Everything came to a head July 31, after neighbor Pam Bartlett called police about her father's tools being stolen by some of the children. When authorities arrived and discovered the family, Mrs. Long started apologizing to neighbors who had gathered at the scene.
She begged police not to take her children, promising them they would all be gone by the next morning, neighbors said.
The mother also told police that she home schooled the children, Ms. Bartlett said. The children said math had been the class of the day.
"What's 12 and 12?" Ms. Bartlett said she asked them.
"Times or plus?" answered a 17-year-old girl.
She said to multiply the numbers, and none of them had any idea what the answer is, Ms. Bartlett said. When she asked them to add 12 and 12, a 12-year-old counted on his fingers and said, "Twenty-one."
NO ONE WHO SPOKE about Mr. Long could say why he let his family live in such conditions. They say he had employable skills as a mechanic, sheetrock layer, plumber, painter and electrician, and made decent money when he worked.
"Jeremy was a hell of a worker," said Rick Garner, who owns a local remodeling business. "He worked for me for five years, and in those five years, I've never seen a man work harder."
When he asked for time off, Mr. Garner said, it was to spend time with his children on their birthdays. He'd talk about buying them gifts on those occasions and Christmas. Mr. Garner said he saw him with presents a few times.
"He loves his kids," Mr. Garner said, "and I know his kids love him."
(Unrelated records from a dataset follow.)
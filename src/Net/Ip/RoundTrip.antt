-- ===== src/Net/Ip/RoundTrip.antt =====
-- A packet that is sent arrives: frame, header and checksum are read back, also behind padding.
use gooos.Common.{
  ℕ, suc, ◌+◌, ◌*◌, ◌/◌, ◌<◌, ◌≤◌, ◌≡◌, refl, ap, ◌∙◌, true, some, List, [], ◌∷◌, ◌++◌, length,
  length-append, take, drop, take-length-append, u8, u16, arith,
}
use gooos.Net.Bytes.{Mac, read_mac, read_u16, word, double_word}
use gooos.Net.Ip.Sums.{ipv4_checksum-sealed}
use gooos.Net.Ip.{
  EthernetHeader, ethernet_parse, ethernet_bytes, same_mac, is_for_us, ethernet_dispatch, ipv4,
  Ipv4Header, ipv4_checksum, read_header, ipv4_parse, ipv4_bytes, ipv4_build_header, ipv4_send,
  is_our_ip, hand_up, ipv4_handle,
}

take-append_front : (xs ys : List ℕ) (n : ℕ) → take (length xs + n) (xs ++ ys) ≡ xs ++ take n ys
take-append_front [] ys n = ap (λ k. take k ys) {x = 0 + n} {y = n} (omega arith)
take-append_front (x ∷ xs) ys n =
    ap (λ k. take k (x ∷ xs ++ ys)) {x = suc (length xs) + n} {y = suc (length xs + n)}
      (omega arith)
    ∙ ap (λ zs. x ∷ zs) (take-append_front xs ys n)

-- the header that is read back
abbrev pub header : ℕ → ℕ → ℕ → ℕ → ℕ → ℕ → Ipv4Header
header id proto src_ip dst_ip len chksum = record {
  version_ihl = 69;
  tos = 0;
  total_length = 20 + len;
  id = id;
  flags_offset = 16384;
  ttl = 64;
  protocol = proto;
  chksum = chksum;
  src_ip = src_ip;
  dst_ip = dst_ip;
  header_len = 20;
}

ipv4_parse_at :
    (id proto src_ip dst_ip len chksum : ℕ) (p inner : List ℕ)
    → let h = header id proto src_ip dst_ip len chksum in
      read_header p ≡ h
      → 20 + len ≤ length p
      → ipv4_checksum (take 20 p) ≡ 0
      → drop 20 (take (20 + len) p) ≡ inner
      → ipv4_parse p ≡ some (h, inner)
unfolding ipv4_parse
ipv4_parse_at id proto src_ip dst_ip len chksum p inner fields fits sum rest =
    rw (fields, sum, rest) (ground arith)

module _ (id proto src_ip dst_ip : ℕ) (payload pad : List ℕ) where
  abbrev total : ℕ
  total = u16 (20 + length payload)

  abbrev chksum : ℕ
  chksum = ipv4_checksum (ipv4_bytes id proto src_ip dst_ip total 0 0)

  abbrev head_bytes : List ℕ
  head_bytes = ipv4_bytes id proto src_ip dst_ip total (u8 (chksum / 256)) (u8 chksum)

  abbrev arrived : List ℕ
  arrived = head_bytes ++ (payload ++ pad)

  read_header-arrived :
      id < 65536
      → proto < 256
      → src_ip < 4294967296
      → dst_ip < 4294967296
      → length payload ≤ 1480
      → read_header arrived ≡ header id proto src_ip dst_ip (length payload) chksum
  unfolding read_header
  read_header-arrived id_in proto_in src_in dst_in fits =
      let small : total < 65536 = omega arith in
      let t : u8 (total / 256) * 256 + u8 total ≡ 20 + length payload = omega arith in
      let n = word id_in in
      let c = word (ipv4_checksum-sealed id proto src_ip dst_ip total proto_in).0 in
      let s = double_word src_in in
      let d = double_word dst_in in
      λ i. record {
        version_ihl = 69;
        tos = 0;
        total_length = t i;
        id = n i;
        flags_offset = 16384;
        ttl = 64;
        protocol = proto;
        chksum = c i;
        src_ip = s i;
        dst_ip = d i;
        header_len = 20;
      }

  take_front :
      take (20 + length payload) arrived ≡ head_bytes ++ take (length payload) (payload ++ pad)
  take_front = take-append_front head_bytes (payload ++ pad) (length payload)

  ipv4_parse-arrived :
      id < 65536
      → proto < 256
      → src_ip < 4294967296
      → dst_ip < 4294967296
      → length payload ≤ 1480
      → ipv4_parse arrived ≡ some (header id proto src_ip dst_ip (length payload) chksum, payload)
  ipv4_parse-arrived id_in proto_in src_in dst_in fits =
      ipv4_parse_at id proto src_ip dst_ip (length payload) chksum arrived payload
        (read_header-arrived id_in proto_in src_in dst_in fits)
        (omega (arith, length-append payload pad))
        (ipv4_checksum-sealed id proto src_ip dst_ip total proto_in).1
        (ap (drop 20) take_front ∙ take-length-append payload pad)

same_mac_self : (m : Mac) → same_mac m m ≡ true
unfolding same_mac
same_mac_self m = ground arith

ipv4_handle_at :
    (our_ip our_netmask : ℕ) (p inner : List ℕ) (h : Ipv4Header)
    → ipv4_parse p ≡ some (h, inner)
    → h.dst_ip ≡ our_ip
    → ipv4_handle our_ip our_netmask p ≡ hand_up h inner
unfolding ipv4_handle is_our_ip
ipv4_handle_at our_ip our_netmask p inner h parsed ours =
    rw (parsed, ipv4_handle) (ground (arith, ours))

ethernet_parse_at :
    (frame : List ℕ)
    → 14 ≤ length frame
    → ethernet_parse frame
      ≡ some (
        record { dst = read_mac frame 0; src = read_mac frame 6; ether_type = read_u16 frame 12 },
        drop 14 frame,
      )
unfolding ethernet_parse
ethernet_parse_at frame long = ground arith

ethernet_dispatch_at :
    (our_mac : Mac) (frame payload : List ℕ) (h : EthernetHeader)
    → ethernet_parse frame ≡ some (h, payload)
    → 60 ≤ length frame
    → length frame ≤ 1518
    → h.dst ≡ our_mac
    → h.ether_type ≡ 2048
    → ethernet_dispatch our_mac frame ≡ ipv4 payload
unfolding ethernet_dispatch is_for_us
ethernet_dispatch_at our_mac frame payload h parsed low high ours type_ip =
    let us : same_mac h.dst our_mac ≡ true = rw ours (same_mac_self our_mac) in
    rw (parsed, ethernet_dispatch) (ground (arith, us))

-- A frame that `ipv4Send` makes for a host whose hardware address was resolved, also when the network
-- pads it behind its end: `ethernetDispatch` of that host hands its packet to `ipv4Handle`, which passes
-- the header and the checksum and hands the payload without the padding to the protocol it was sent for.
-- The lengths are those of frames that the host accepts.
pub ipv4_send-handle :
    (our_ip their_ip their_netmask proto counter : ℕ) (our_mac their_mac : Mac)
    (payload pad : List ℕ)
    → 0 < our_ip
    → our_ip < 4294967296
    → their_ip < 4294967296
    → proto < 256
    → length payload ≤ 1480
    → 26 ≤ length payload + length pad
    → length payload + length pad ≤ 1484
    → let id = u16 (counter + 1) in
      (frame : List ℕ) × (packet : List ℕ) × (chksum : ℕ) × (ipv4_send true our_ip our_mac
          (some their_mac)
          proto
          their_ip
          counter
          payload
        ≡ (id, some frame))
      × (ethernet_dispatch their_mac (frame ++ pad) ≡ ipv4 packet)
      × (ipv4_handle their_ip their_netmask packet
          ≡ hand_up (header id proto our_ip their_ip (length payload) chksum) payload)
unfolding ipv4_send ipv4_build_header
ipv4_send-handle our_ip their_ip their_netmask proto counter our_mac their_mac payload pad pos
      our_in their_in proto_in fits low high =
    let id = u16 (counter + 1) in
    let parsed =
      ipv4_parse-arrived id proto our_ip their_ip payload pad (omega arith) proto_in our_in their_in
        fits in
    let size = length-append payload pad in
    (
      ethernet_bytes their_mac our_mac 2048
          (head_bytes id proto our_ip their_ip payload pad ++ payload),
      arrived id proto our_ip their_ip payload pad,
      chksum id proto our_ip their_ip payload pad,
      ground arith,
      ethernet_dispatch_at their_mac _ _
          (record { dst = their_mac; src = our_mac; ether_type = 2048 })
          (ethernet_parse_at _ (omega (arith, size))) (omega (arith, size)) (omega (arith, size))
          refl refl,
      ipv4_handle_at their_ip their_netmask _ payload _ parsed refl,
    )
But he maintained his privacy. When Mr. Long worked for John Simpson as a day laborer, he would ask to be paid in cash. If he had to pay Mr. Long by check, he requested it be made out to a third party, Mr. Simpson said.
"That made me think that, at some point, he probably had some issues with his identity," he said.
Sheriff Coursey said he'd like to sit down and have a frank conversation with Mr. Long soon, maybe after the criminal case is over and no more legal issues are pending.
He said he'd like to ask him a blunt question.
"When did you decide that we're not going to be a part of society, so to speak?" Sheriff Coursey said.